昔は中学高校のみならず、スポーツに根性論がまかり通り、練習中の水分補給さえ許されないケースもままありました。
しかし、スポーツが科学的に分析できるようになり、またより高度に技術を要求されるようになった昨今、精神論だけで指導が何とかなるほど
スポーツが甘いものだとは私は思えないのです。
つまり、頑張りが足りない(その他教師やコーチの観念的なものによる理由)→体罰を振るう→生徒が伸びるというように、意図する通りに進むと
確信できるほど、体罰は有用な手段であるとは言えないということです。
たとえば、間違った行動をしていたのを注意するのであれば、それは体罰によらなくてもできると思います。あるいは、団体競技などでチームワークを
乱すなど、精神的な指導をするにしても同様です。
いくらチームのリーダーであったとしても、みんなの前で見せしめ的に体罰を振るうことは、本人のためにも他の生徒のためにもおよそ良い方法とは
言えないと思います。その場合、委縮を生み生徒の視野をより狭める方向に行く可能性、つまり成長を促すつもりだったとしても逆効果ではないでしょうか?

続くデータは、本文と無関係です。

-- ===== src/Iteration.antt =====
-- Rust's double-ended, exact-size iterators, as an interface: what `Iterator`,
-- `DoubleEndedIterator` and `ExactSizeIterator` ask of an implementation of this workspace.
-- A call returns the item and the new state; `none` outside is a panic or undefined behaviour.
pub mod Draws
use arity_arrays.Common.{ℕ, ◌≡◌, List, [], ◌∷◌, ◌++◌, Option, none, some, length}

pub record DoubleEnded (S : Type 0) (Item : Type 0) : Type 0 where
  pub next : S → Option (Option Item × S)
  pub next_back : S → Option (Option Item × S)
  pub len : S → ℕ

-- A call that yields x and leaves a state that shows xs.
abbrev pub Yields :
    {S Item : Type 0}
    → (S → List Item → Type 0)
    → Option (Option Item × S)
    → Option Item
    → List Item
    → Type 0
Yields {S} View call x xs = (s : S) × (call ≡ some (x, s)) × View s xs

-- `View s xs` says that xs are the items that s has left, in ascending order.
pub record Refines {S Item : Type 0} (it : DoubleEnded S Item) (View : S → List Item → Type 0)
    : Type 0 where
  pub next_nil : (s : S) → View s [] → Yields View (it.next s) none []
  pub next_cons :
      (s : S) (x : Item) (xs : List Item) → View s (x ∷ xs) → Yields View (it.next s) (some x) xs
  pub next_back_nil : (s : S) → View s [] → Yields View (it.next_back s) none []
  pub next_back_snoc :
      (s : S) (x : Item) (xs : List Item)
      → View s (xs ++ x ∷ [])
      → Yields View (it.next_back s) (some x) xs
  pub len_lem : (s : S) (xs : List Item) → View s xs → it.len s ≡ length xs
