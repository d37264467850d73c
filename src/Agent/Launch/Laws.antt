-- ===== src/Agent/Launch/Laws.antt =====
-- Sessions and launches never exceed the limit by more than the warm pool's size.
use base_layer.Base.{
  ℕ, ◌+◌, ◌≤◌, Bool, true, false, none, [], ◌∷◌, String, ◌==◌, ◌≡◌, ◌≢◌, ◌⊎◌, ltb, refl, arith,
  length, includes, Bool-cases, inl, inr, eq_iff, ◌∙◌, sym,
}
use base_layer.Base.Dict.{Dict, lookup, insert, erase, lookup-insert, lookup-erase}
use base_layer.Base.Sets.{add, remove, length-remove, length-add, includes-add, includes-remove}
use base_layer.Agent.Launch.{
  Launches, idle_launches, LaunchMove, prune_from, prune_stale_launch_reservations,
  has_launch_capacity, try_reserve, settle_launch, launch_move, LaunchReachable, Allowed,
}

length-insert : (id : String) (at : ℕ) (d : Dict ℕ) → length (insert id at d) ≤ length d + 1
unfolding insert
length-insert id at [] = omega arith
length-insert id at ((j, x) ∷ d) = ground (arith, length-insert id at d)

length-erase : (id : String) (d : Dict ℕ) → length (erase id d) ≤ length d
unfolding erase
length-erase id [] = omega arith
length-erase id ((j, x) ∷ d) = ground (arith, length-erase id d)

length-erase_there :
    (id : String) (d : Dict ℕ) → lookup id d ≢ none → length (erase id d) + 1 ≤ length d
unfolding erase lookup
length-erase_there id [] h = absurd (h refl)
length-erase_there id ((j, x) ∷ d) h = elim (Bool-cases (j == id)) [
  | inl t ↦ rw t (omega (arith, length-erase id d))
  | inr t ↦ rw t (omega (arith, length-erase_there id d (rw t at h)))
]

module _ (max_sessions warm_pool_size stale_threshold_ms : ℕ) where
  length-prune_from :
      (now : ℕ) (has_machine : String → Bool) (s : Launches) (d : Dict ℕ)
      → length (prune_from true max_sessions warm_pool_size stale_threshold_ms now has_machine s d)
        ≤ length d
  unfolding prune_from
  length-prune_from now has_machine s [] = omega arith
  length-prune_from now has_machine s ((id, at) ∷ d) =
      ground (arith, length-prune_from now has_machine s d)

  -- The reservation of a launch that is under way is never pruned.
  lookup-prune_from :
      (now : ℕ) (has_machine : String → Bool) (s : Launches) (d : Dict ℕ) (j : String)
      → includes s.launching j ≡ true
      → lookup j
          (prune_from true max_sessions warm_pool_size stale_threshold_ms now has_machine s d)
        ≡ lookup j d
  unfolding prune_from lookup
  lookup-prune_from now has_machine s [] j h = refl
  lookup-prune_from now has_machine s ((id, at) ∷ d) j h =
      ground (arith, lookup-prune_from now has_machine s d j h, eq_iff id j)

  -- No session is launched without a reservation, and there is room for the sessions and the launches.
  record IsWithin (s : Launches) : Type 0 where
    room : length s.sessions + length s.reservations ≤ max_sessions + warm_pool_size
    ready : s.warm_ready ≤ warm_pool_size
    held : (j : String) → includes s.launching j ≡ true → lookup j s.reservations ≢ none

  settle-IsWithin :
      (id : String) (s : Launches)
      → IsWithin s
      → includes s.launching id ≡ true
      → (n : ℕ) → n ≤ length s.sessions + 1
      → (n + length (erase id s.reservations) ≤ max_sessions + warm_pool_size)
        × ((j : String)
            → includes (remove id s.launching) j ≡ true
            → lookup j (erase id s.reservations) ≢ none)
  settle-IsWithin id s w l n h = (
    omega (arith, length-erase_there id s.reservations (w.held id l), w.room),
    λ j e.
        ground
          (arith, includes-remove id j s.launching, lookup-erase id j s.reservations, w.held j),
  )

  prune-IsWithin :
      (now : ℕ) (has_machine : String → Bool) (s : Launches)
      → IsWithin s
      → IsWithin (
          prune_stale_launch_reservations true max_sessions warm_pool_size stale_threshold_ms now
            has_machine s)
  unfolding prune_stale_launch_reservations
  prune-IsWithin now has_machine s w =
      let kept = lookup-prune_from now has_machine s s.reservations in
      record {
        room = omega (arith, length-prune_from now has_machine s s.reservations, w.room);
        ready = w.ready;
        held = λ j e k. w.held j e (sym (kept j e) ∙ k);
      }

  begin-IsWithin :
      (id : String) (now : ℕ) (has_machine : String → Bool) (s : Launches)
      → IsWithin s
      → IsWithin
          (try_reserve true max_sessions warm_pool_size stale_threshold_ms id now has_machine s).0
  unfolding try_reserve prune_stale_launch_reservations has_launch_capacity
  begin-IsWithin id now has_machine s w =
      let d =
        prune_from true max_sessions warm_pool_size stale_threshold_ms now has_machine s
          s.reservations in
      let shorter = length-prune_from now has_machine s s.reservations in
      let kept = lookup-prune_from now has_machine s s.reservations in
      elim (Bool-cases (ltb (length s.sessions + length d) (max_sessions + s.warm_ready))) [
        | inl t ↦ rw t (record {
          room = ground (arith, length-insert id now d, w.ready);
          ready = w.ready;
          held = λ j e.
              ground
                (arith, includes-add id j s.launching, lookup-insert id j now d, w.held j, kept j);
        })
        | inr t ↦ rw t (prune-IsWithin now has_machine s w)
      ]

  move-IsWithin :
      (m : LaunchMove) (s : Launches)
      → Allowed true max_sessions warm_pool_size stale_threshold_ms m s
      → IsWithin s
      → IsWithin (launch_move true max_sessions warm_pool_size stale_threshold_ms m s)
  unfolding launch_move settle_launch
  move-IsWithin (LaunchMove.begins id now has_machine) s a w = begin-IsWithin id now has_machine s w
  move-IsWithin LaunchMove.claims_warm s a w = record {
    room = w.room;
    ready = omega (arith, w.ready);
    held = w.held;
  }
  move-IsWithin (LaunchMove.succeeds id) s a w =
      let (r, h) =
        settle-IsWithin id s w (a refl) (length (add id s.sessions)) (length-add id s.sessions) in
      record { room = r; ready = w.ready; held = h }
  move-IsWithin (LaunchMove.fails id) s a w =
      let (r, h) = settle-IsWithin id s w (a refl) (length s.sessions) (omega arith) in
      record { room = r; ready = w.ready; held = h }
  move-IsWithin (LaunchMove.terminates id) s a w = record {
    room = omega (arith, length-remove id s.sessions, w.room);
    ready = w.ready;
    held = w.held;
  }
  move-IsWithin LaunchMove.fills_warm s a w = record {
    room = w.room;
    ready = omega arith;
    held = w.held;
  }
  move-IsWithin (LaunchMove.prunes now has_machine) s a w = prune-IsWithin now has_machine s w

  Reachable-IsWithin :
      {s : Launches}
      → LaunchReachable true max_sessions warm_pool_size stale_threshold_ms s
      → IsWithin s
  unfolding idle_launches includes
  Reachable-IsWithin LaunchReachable.start = record {
    room = omega arith;
    ready = omega arith;
    held = λ j e. ground (arith, e);
  }
  Reachable-IsWithin (LaunchReachable.then_move {s} r m a) =
      move-IsWithin m s a (Reachable-IsWithin r)

  -- In the mode of microVMs, where no id is launched again while it is being launched and the warm pool
  -- is not filled above its size: however launches begin, succeed and fail, sessions end, the pool is
  -- filled and claimed and stale reservations are pruned, the sessions and the reservations are together never more than the configured
  -- number of sessions and the size of the warm pool, and every launch that is under way has a
  -- reservation: none is pruned as stale.
  pub launch-within_capacity :
      {s : Launches} (id : String)
      → LaunchReachable true max_sessions warm_pool_size stale_threshold_ms s
      → (length s.sessions + length s.reservations ≤ max_sessions + warm_pool_size)
        × ((includes s.launching id ≡ false) ⊎ (lookup id s.reservations ≢ none))
  launch-within_capacity {s} id r =
      let w = Reachable-IsWithin r in
      (
        w.room,
        elim (Bool-cases (includes s.launching id)) [ inl t ↦ inr (w.held id t) | inr t ↦ inl t ],
      )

現に亡くなった生徒はその体罰のし烈さに耐えかね、教師に不満を訴える手紙をしたためていたそうですが、周囲の部員に止められて結局
渡せなかったと聞きます。これは、他の部員が極度に委縮していたこともその行動要因として指摘できるでしょう。また、そのまま行動に出た場合、
亡くなった部長が更にひどい目に遭うかもしれないと考えたのかもしれません。これはあくまで私の推測の域を出ませんが……。
そして「教育」という見地からも、体罰は生徒と一日中過ごすわけではない教師やコーチには危険な指導手段であると私は訴えたいと思います。
親子間であっても、昨今はしつけの一環としてさえ手を上げるのをよしとしない=虐待であると親の側を弾劾する、こういう潮流になって
きています。
これに関しては必ずしも私は同意しかねるのですが、それは親と子であれば大抵の場合住居を共にし同じ食事をとる―つまり、一つ屋根の下に
いる時間が相応にあり、たとえ厳しく叱ったとしてもその後に様々な形でフォローすることが可能だという理由に起因します。
自分にも子供がいるので実感を込めた話になりますが、押すばかりでなく時には引いたり飴を与えたり、家庭ですらしつけという教育は並大抵の
ことではありません。ましてや学校やクラブでは、赤の他人の生徒たちが大勢いるわけです。しかも、その個性はまちまちときています。
そんな彼らを指導することがどれだけ大変なことか。それは推測に余りあるものでしょう。そんな一人一人に対して、教師やコーチが我が子のように
丁寧なフォローができるでしょうか? 多くの場合、まず困難でしょうし果てしなく不可能に近いとさえ言えます。
生徒であり、親にとっては子供である彼らは未熟ではありますが、当然のように大人とは別個の人間であり、別の感情を持ちます。また、
心だけは誰にもいかんともしがたい聖域です。
体罰を行っていた教師やコーチにも言い分はあるでしょう。彼らなりの論拠に基づいて行っていたのかもしれません。
しかし私はあえて問いたいのです。体罰を行ったその時に、1ミリたりともあなたの感情に起因されたことはありませんでしたか? と。
また、もしもあなたが体罰を行ったことにより、後遺症が残るような大けがや自死へ追い込むような重大な事態を引き起こすことを
想定したことはありますか?
そして何より、叱るだけでなく充分に生徒たちへ愛情をこめて指導してきたと胸を張って生徒たちの前で言えますか? と。
真っ当な神経をまだ持ち合わせている指導者ほど、上記の問いに頷くことをためらうのではないか。私はそう思います。